First, with respect to Examples 1 and 2 and Comparative Example, the results of investigating the time required for the cone process and the weight of the cone portion will be described.

FIG. 2 shows the relationship between the measured crystal diameter deviation (horizontal axis, unit mm) and the cone process time (vertical axis) with respect to the reference diameter for Example 1 and Comparative Example. The cone process time is expressed as a relative value when the average value of the cone process times of the comparative example is set to 1 as a reference. The amount of deviation calculated in the produced crystal was in the range of −5.0 mm to +2.0 mm. Further, FIG. 3 shows the comparison result of the cone weight reduction effect, and FIG. 4 shows the comparison result of the cone weight variation.

As shown in FIG. 2, in the comparative example, it was confirmed that the smaller the measured crystal diameter (thin crystal) and the larger the absolute value in the minus (minus) direction, the longer the cone process time tends to be. .. In addition, the cone process time varied in the range of the average value of -14% to the average value of + 12%. It was confirmed that the cone weight has the same relationship, that is, the smaller the measured crystal diameter (thinr crystal), the larger the cone weight.

On the other hand, as is clear from FIG. 2, in Example 1, it can be seen that the cone process time is stable regardless of the amount of deviation of the measured crystal diameter with respect to the reference diameter. The cone process time of Example 1 was shortened by 9% on average as compared with Comparative Example. In particular, when the amount of deviation was in the range of −4.5 mm to −5.0 mm, the cone process time could be shortened by 21%. In addition, the cone process time was in the range of an average value of -2% to an average value of + 3%, and variation could be suppressed. The cone process time of Example 2 was shortened by 10% on average.

As shown in FIG. 3, the weight of the cone was reduced by 8.5% on average in Example 1 and 9.8% on average in Example 2 as compared with the comparative example. Further, as shown in FIG. 4, the variation σ of the cone weight was also reduced to 1.3% in Example 1 and 2.4% in Example 2 compared to 4.8% in Comparative Example.
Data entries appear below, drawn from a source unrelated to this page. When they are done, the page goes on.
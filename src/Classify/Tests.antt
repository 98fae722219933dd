-- ===== src/Classify/Tests.antt =====
-- Paths of oplog_test.go and usage_test.go, and the theorems at concrete paths.
use middle.Prelude.{◌≡◌, refl, Bool, true, ◌&&◌}
use middle.Text.{runes, ◌==◌}
use middle.Classify.{classify_path, classify_resource, classify_runs}
use middle.Classify.Total.{IsClassified, classify_path-IsClassified}
use Prim.Native.String.{String}

abbrev row : String → String → String → String → Bool
row path service module' resource =
    let c = classify_path (runes path) in
    c.service == runes service && c.module' == runes module' && c.resource == runes resource

classified :
    (row "/v1/hlj/client/launch/:_id" "client" "launch" "client"
      && row "/v1/hlj/client/notify" "client" "notification" "client"
      && row "/v1/hlj/client/mp-dist" "client" "mp" "client"
      && row "/v1/hlj/member/address" "member" "addresses" "member_address"
      && row "/v1/hlj/member/level" "member" "level" "member_level"
      && row "/v1/system/auth/account" "auth" "account" "admin_account"
      && row "/v1/system/auth/plan" "auth" "plan" "plan"
      && row "/v1/system/password/:_id" "auth" "password" "password"
      && row "/v1/hlj/active/ticket" "active" "ticket" "campaign"
      && row "/v1/hlj/device/pos/printer" "device" "printer" "device"
      && row "/v1/system/fs/client/image" "fs" "image" "image"
      && row "/v1/pay/scan" "pay" "scan" "pay"
      && row "/not/a/route" "" "" "other")
    ≡ true
unfolding classify_runs
classified = refl

labelled :
    classify_resource (runes "/v1/hlj/member/account/:_id") ≡ (runes "member", runes "会员中心 · 会员账户")
unfolding classify_runs
labelled = refl

classify_path-IsClassified_instance : IsClassified (classify_path (runes "/v1/hlj/store/info"))
classify_path-IsClassified_instance = classify_path-IsClassified (runes "/v1/hlj/store/info")
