-- ===== src/Client.antt =====
-- client.go: which client program a request comes from. `url.Parse(raw).Host` is the parameter
-- `url_host` (`none` for its error).
pub mod Options
pub mod Codes
pub mod Resolve
pub mod Names
mod Tests
use middle.Prelude.{
  ℕ, Bool, true, false, ◌&&◌, ◌||◌, not, List, [], ◌∷◌, ◌++◌, Option, none, some, leb, length,
  if◌then◌else◌, eqb,
}
use middle.Text.{
  Text, runes, is_empty, ◌==◌, trim_space, to_lower, contains, cut, split, before_first,
}

-- A Go map from strings to strings, by its entries.
abbrev pub Table : Type 0
Table = List (Text × Text)

-- `m[k] = v`
unfoldable pub put : Text → Text → Table → Table
put k v [] = (k, v) ∷ []
put k v ((k', v') ∷ m) = let rest = put k v m in if k' == k then (k, v) ∷ m else (k', v') ∷ rest

-- `v, ok := m[k]`
unfoldable pub lookup_name : Table → Text → Option Text
lookup_name [] k = none
lookup_name ((k', v) ∷ m) k = if k' == k then some v else lookup_name m k

-- `m[k]`
abbrev pub text_of : Option Text → Text
text_of none = []
text_of (some v) = v

abbrev pub put_all : Table → Table → Table
put_all [] m = m
put_all ((k, v) ∷ entries) m = put_all entries (put k v m)

abbrev pub default_client_names : Table
default_client_names =
    (runes "x2", runes "大厅小程序")
    ∷ (runes "x9", runes "后台管理")
    ∷ (runes "x6", runes "点餐端")
    ∷ (runes "x5", runes "出餐管理端")
    ∷ []

abbrev pub default_client_host_labels : Table
default_client_host_labels =
    (runes "admin", runes "x9")
    ∷ (runes "super", runes "x9")
    ∷ (runes "mch", runes "x9")
    ∷ (runes "menu", runes "x6")
    ∷ (runes "pad", runes "x5")
    ∷ (runes "mini", runes "x2")
    ∷ []

-- `clientNames` and `clientHosts`.
pub record Clients : Type 0 where
  pub names : Table
  pub hosts : Table

abbrev pub within : ℕ → ℕ → ℕ → Bool
within lo hi c = leb lo c && leb c hi

-- [a-z0-9]
abbrev pub starts_code : ℕ → Bool
starts_code c = within b'a' b'z' c || within b'0' b'9' c

-- [a-z0-9_.-]
abbrev pub in_code : ℕ → Bool
in_code c = starts_code c || eqb c b'_' || eqb c b'.' || eqb c b'-'

unfoldable pub all_runes : (ℕ → Bool) → Text → Bool
all_runes p [] = true
all_runes p (c ∷ s) = p c && all_runes p s

-- `clientCodeRe.MatchString`
unfoldable pub matches_code : Text → Bool
matches_code [] = false
matches_code (c ∷ s) = starts_code c && all_runes in_code s && leb (length s) 31

unfoldable pub normalize_client_code : Text → Text
normalize_client_code code = let c = to_lower (trim_space code) in if matches_code c then c else []

-- [0-9A-Za-z]
abbrev pub starts_version : ℕ → Bool
starts_version c = starts_code c || within b'A' b'Z' c

-- [0-9A-Za-z._+-]
abbrev pub in_version : ℕ → Bool
in_version c = starts_version c || eqb c b'_' || eqb c b'.' || eqb c b'+' || eqb c b'-'

-- `clientVersionRe.MatchString`
unfoldable pub matches_version : Text → Bool
matches_version [] = false
matches_version (c ∷ s) = starts_version c && all_runes in_version s && leb (length s) 31

-- The prefix "v" or "V" before a digit is cut.
abbrev pub without_v : Text → Text
without_v (v ∷ d ∷ s) =
    if (eqb v b'v' || eqb v b'V') && within b'0' b'9' d then d ∷ s else v ∷ d ∷ s
without_v s = s

unfoldable pub normalize_client_version : Text → Text
normalize_client_version v =
    let bare = without_v (trim_space v) in if matches_version bare then bare else []

abbrev pub pair_of : Option (Text × Text) → Option (Text × Text)
pair_of none = none
pair_of (some (k, v)) =
    if is_empty (trim_space k) || is_empty (trim_space v)
    then none
    else some (trim_space k, trim_space v)

abbrev pub put_pair : Option (Text × Text) → Table → Table
put_pair none m = m
put_pair (some (k, v)) m = put k v m

-- The loop of `parsePairs` over its parts.
unfoldable pub add_pairs : List Text → Table → Table
add_pairs [] m = m
add_pairs (part ∷ parts) m = add_pairs parts (put_pair (pair_of (cut b'=' part)) m)

unfoldable pub parse_pairs : Text → Table
parse_pairs raw = add_pairs (split b',' raw) []

unfoldable pub add_names : Table → Table → Table
add_names [] m = m
add_names ((code, name) ∷ pairs) m =
    let c = normalize_client_code code in
    add_names pairs (if is_empty c || is_empty name then m else put c name m)

unfoldable pub add_hosts : Table → Table → Table
add_hosts [] m = m
add_hosts ((host, code) ∷ pairs) m =
    let c = normalize_client_code code in
    add_hosts pairs (if is_empty c then m else put (to_lower host) c m)

-- `initClients`, with the variables AUDIT_CLIENTS and AUDIT_CLIENT_HOSTS of the environment.
unfoldable pub init_clients : Text → Text → Clients
init_clients audit_clients audit_client_hosts = record {
  names = add_names (parse_pairs audit_clients) (put_all default_client_names []);
  hosts = add_hosts (parse_pairs audit_client_hosts) (put_all default_client_host_labels []);
}

unfoldable pub register_client : Text → Text → Clients → Clients
register_client code name st =
    let c = normalize_client_code code in
    let n = trim_space name in
    if is_empty c || is_empty n then st else record st { names = put c n st.names }

abbrev pub name_or : Option Text → Text → Text
name_or none code = code
name_or (some name) code = name

unfoldable pub client_name : Clients → Text → Text
client_name st code =
    let c = trim_space code in
    if is_empty c then runes "未知" else name_or (lookup_name st.names (to_lower c)) c

-- `host[:i]` at the first colon, in lower case.
abbrev pub host_name : Text → Text
host_name host = to_lower (before_first b':' host)

abbrev pub code_of_host : Clients → Option Text → Text
code_of_host st none = []
code_of_host st (some host) =
    if contains (host_name host) (runes ".tenant.")
    then text_of (lookup_name st.hosts (runes "admin"))
    else text_of (lookup_name st.hosts (before_first b'.' (host_name host)))

unfoldable pub client_from_host : (Text → Option Text) → Clients → Text → Text
client_from_host url_host st raw =
    let r = trim_space raw in
    if is_empty r
    then []
    else code_of_host st (if contains r (runes "://") then url_host r else some r)

-- What a request says of its client; `mini_program` is `isWeChatMiniProgramUA` of its user agent.
pub record ClientRequest : Type 0 where
  pub client_id : Text
  pub client_version : Text
  pub wechat_app_id : Text
  pub mini_program : Bool
  pub origin : Text
  pub referer : Text
  pub host : Text

unfoldable pub first_host : (Text → Option Text) → Clients → List Text → Text
first_host url_host st [] = []
first_host url_host st (h ∷ rest) =
    let later = first_host url_host st rest in
    let code = client_from_host url_host st h in if is_empty code then later else code

-- `ResolveClient`: the code and the version.
unfoldable pub resolve_client : (Text → Option Text) → Clients → ClientRequest → Text × Text
resolve_client url_host st r =
    let version = normalize_client_version r.client_version in
    if not (is_empty (normalize_client_code r.client_id))
    then (normalize_client_code r.client_id, version)
    else if not (is_empty r.wechat_app_id) || r.mini_program
    then (runes "x2", version)
    else (first_host url_host st (r.origin ∷ r.referer ∷ r.host ∷ []), version)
In particular, in Example 2, since the correction value of the heater output when the deviation amount is 0 mm or more is set to 0, the cone process time shortening effect and the cone weight reduction effect when the deviation amount is 0 mm or more are enhanced. Conceivable.

Next, the results of producing a PW (polished wafer) from the silicon single crystal ingots obtained in Examples 1 and 2 and Comparative Examples and evaluating the defects in the wafer surface will be described. For the evaluation of defects, a laser scattering type defect inspection device SP3 manufactured by KLA-Tencor was used to evaluate defects detected as 26 nm or more in the Oblique mode. FIG. 5 shows the defect evaluation results for PW of the comparative example. In the comparative example, it was confirmed that the defect quality of PW deteriorated as the amount of deviation of the measured crystal diameter with respect to the predetermined reference diameter of the crystal increased to 0, -2, -4 mm. As shown in FIG. 2, in the comparative example, since the cone weight increases as the deviation amount shifts to the minus side, the melt surface and the upper heat of the melt when reaching the straight body product portion during silicon single crystal production. It is considered that the distance from the shield becomes wider, which reflects the effect of changes in the thermal environment during crystal growth. On the other hand, in Examples 1 and 2, since the variation in cone weight is suppressed as described above, such variation in the defect quality of PW does not occur, and a defect-free wafer is manufactured with a good yield. Was made.

As described above, according to the CZ silicon single crystal production method according to the present invention, the cone process time is not affected by the variation in the melt temperature at the time of seeding (landing) of the dislocation-free seeding method (DFS method). It is possible to carry out the cone process without deterioration of productivity due to long time and decrease in yield due to increase in cone weight, and heat in the furnace due to variation in cone process (time, weight) in CZ silicon single crystal production using the DFS method. It is possible to reduce environmental variation, improve the quality of low-defect / defect-free wafers, and improve product yield.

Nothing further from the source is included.